Material for this exercise

────────────────

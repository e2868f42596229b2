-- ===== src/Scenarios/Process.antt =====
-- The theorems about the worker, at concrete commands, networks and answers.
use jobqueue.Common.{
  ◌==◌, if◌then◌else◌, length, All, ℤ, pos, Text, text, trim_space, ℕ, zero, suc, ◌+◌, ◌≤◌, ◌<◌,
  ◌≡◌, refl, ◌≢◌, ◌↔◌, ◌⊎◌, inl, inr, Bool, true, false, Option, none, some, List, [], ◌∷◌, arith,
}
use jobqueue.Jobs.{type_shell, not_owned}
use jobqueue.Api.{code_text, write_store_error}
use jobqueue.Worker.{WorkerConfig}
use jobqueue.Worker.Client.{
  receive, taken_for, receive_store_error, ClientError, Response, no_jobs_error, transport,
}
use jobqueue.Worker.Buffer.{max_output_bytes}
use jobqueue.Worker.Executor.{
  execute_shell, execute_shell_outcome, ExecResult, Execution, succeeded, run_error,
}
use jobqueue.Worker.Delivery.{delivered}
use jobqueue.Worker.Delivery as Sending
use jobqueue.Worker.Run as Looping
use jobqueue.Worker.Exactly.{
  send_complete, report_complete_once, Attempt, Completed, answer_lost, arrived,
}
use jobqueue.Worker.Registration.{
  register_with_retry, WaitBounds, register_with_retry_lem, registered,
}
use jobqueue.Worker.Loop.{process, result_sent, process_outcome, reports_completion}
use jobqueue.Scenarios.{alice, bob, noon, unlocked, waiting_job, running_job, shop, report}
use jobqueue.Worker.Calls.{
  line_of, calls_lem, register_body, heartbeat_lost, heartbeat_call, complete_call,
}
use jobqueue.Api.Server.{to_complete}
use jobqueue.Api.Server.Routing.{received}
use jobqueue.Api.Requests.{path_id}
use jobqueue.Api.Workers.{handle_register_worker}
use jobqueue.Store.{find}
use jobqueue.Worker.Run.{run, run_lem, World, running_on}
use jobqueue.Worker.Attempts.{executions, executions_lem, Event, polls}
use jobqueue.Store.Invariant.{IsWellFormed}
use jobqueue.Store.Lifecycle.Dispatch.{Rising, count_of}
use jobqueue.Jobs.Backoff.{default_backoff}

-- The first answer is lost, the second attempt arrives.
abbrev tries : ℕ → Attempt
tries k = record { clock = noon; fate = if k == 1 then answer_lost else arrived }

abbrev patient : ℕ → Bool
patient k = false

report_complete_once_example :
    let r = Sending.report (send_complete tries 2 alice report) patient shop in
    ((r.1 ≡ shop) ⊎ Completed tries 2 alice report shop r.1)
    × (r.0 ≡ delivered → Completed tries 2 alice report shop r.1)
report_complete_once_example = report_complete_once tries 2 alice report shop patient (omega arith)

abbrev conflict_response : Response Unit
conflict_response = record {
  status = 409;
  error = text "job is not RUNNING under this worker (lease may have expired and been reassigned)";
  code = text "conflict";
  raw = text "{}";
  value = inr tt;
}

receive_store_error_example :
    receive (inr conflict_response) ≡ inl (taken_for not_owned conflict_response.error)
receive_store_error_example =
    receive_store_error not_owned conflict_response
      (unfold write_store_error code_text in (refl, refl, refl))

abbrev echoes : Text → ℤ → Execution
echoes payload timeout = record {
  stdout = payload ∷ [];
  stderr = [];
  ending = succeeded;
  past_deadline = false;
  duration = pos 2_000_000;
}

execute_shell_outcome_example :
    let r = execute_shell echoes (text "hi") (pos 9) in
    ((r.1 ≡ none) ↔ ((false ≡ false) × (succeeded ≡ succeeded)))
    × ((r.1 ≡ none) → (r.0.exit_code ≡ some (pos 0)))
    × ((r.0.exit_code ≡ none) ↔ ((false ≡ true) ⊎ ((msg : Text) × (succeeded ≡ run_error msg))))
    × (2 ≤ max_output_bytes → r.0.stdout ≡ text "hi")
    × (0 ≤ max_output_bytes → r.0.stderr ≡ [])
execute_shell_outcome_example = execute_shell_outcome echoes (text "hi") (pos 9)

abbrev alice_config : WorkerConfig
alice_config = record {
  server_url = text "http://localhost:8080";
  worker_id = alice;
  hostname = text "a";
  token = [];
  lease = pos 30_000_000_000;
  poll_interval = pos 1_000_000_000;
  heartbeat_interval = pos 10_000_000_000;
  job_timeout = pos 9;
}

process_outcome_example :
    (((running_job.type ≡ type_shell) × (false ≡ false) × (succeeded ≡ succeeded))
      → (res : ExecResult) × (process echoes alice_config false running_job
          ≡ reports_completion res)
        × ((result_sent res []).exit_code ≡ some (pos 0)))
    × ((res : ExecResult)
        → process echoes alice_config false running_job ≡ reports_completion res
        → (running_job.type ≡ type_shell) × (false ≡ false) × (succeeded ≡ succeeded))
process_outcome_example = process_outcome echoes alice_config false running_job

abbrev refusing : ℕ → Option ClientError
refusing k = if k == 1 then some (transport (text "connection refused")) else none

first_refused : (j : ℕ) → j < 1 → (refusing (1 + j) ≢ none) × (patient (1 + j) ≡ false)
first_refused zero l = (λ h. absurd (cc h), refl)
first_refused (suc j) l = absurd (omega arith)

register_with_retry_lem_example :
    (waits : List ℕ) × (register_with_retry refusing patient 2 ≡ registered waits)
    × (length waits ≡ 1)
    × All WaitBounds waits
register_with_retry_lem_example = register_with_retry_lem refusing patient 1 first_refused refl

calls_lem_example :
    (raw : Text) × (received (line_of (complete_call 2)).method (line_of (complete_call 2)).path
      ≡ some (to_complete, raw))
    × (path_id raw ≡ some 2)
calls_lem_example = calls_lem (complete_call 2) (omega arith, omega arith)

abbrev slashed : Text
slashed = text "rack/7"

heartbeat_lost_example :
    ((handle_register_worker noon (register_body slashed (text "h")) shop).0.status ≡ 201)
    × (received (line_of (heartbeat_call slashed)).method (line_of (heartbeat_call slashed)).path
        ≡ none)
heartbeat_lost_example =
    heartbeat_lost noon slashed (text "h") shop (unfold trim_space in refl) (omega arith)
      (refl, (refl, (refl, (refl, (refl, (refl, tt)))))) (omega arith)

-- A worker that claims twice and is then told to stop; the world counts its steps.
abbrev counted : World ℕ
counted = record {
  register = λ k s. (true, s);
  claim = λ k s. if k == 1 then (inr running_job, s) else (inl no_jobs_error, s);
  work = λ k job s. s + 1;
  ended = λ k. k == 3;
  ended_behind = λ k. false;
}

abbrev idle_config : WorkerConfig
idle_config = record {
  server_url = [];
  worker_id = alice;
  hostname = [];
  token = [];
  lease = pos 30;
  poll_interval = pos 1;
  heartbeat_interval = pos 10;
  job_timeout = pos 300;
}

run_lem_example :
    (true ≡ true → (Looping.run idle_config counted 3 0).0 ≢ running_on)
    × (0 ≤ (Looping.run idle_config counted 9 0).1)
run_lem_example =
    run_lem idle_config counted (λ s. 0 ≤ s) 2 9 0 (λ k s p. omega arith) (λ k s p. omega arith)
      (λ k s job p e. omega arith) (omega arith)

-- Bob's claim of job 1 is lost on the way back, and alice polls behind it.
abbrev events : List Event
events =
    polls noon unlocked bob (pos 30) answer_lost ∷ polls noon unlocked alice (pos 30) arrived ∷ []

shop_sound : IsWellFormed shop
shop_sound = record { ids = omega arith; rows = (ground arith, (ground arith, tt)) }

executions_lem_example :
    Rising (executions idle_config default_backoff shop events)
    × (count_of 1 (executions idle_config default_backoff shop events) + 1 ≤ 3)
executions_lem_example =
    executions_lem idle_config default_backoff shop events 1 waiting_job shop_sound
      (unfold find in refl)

────────────────

About this exercise
Looking at the entries above, work out how many lines contain "ClientError", then reply with that number and no other words.

Output for this task
2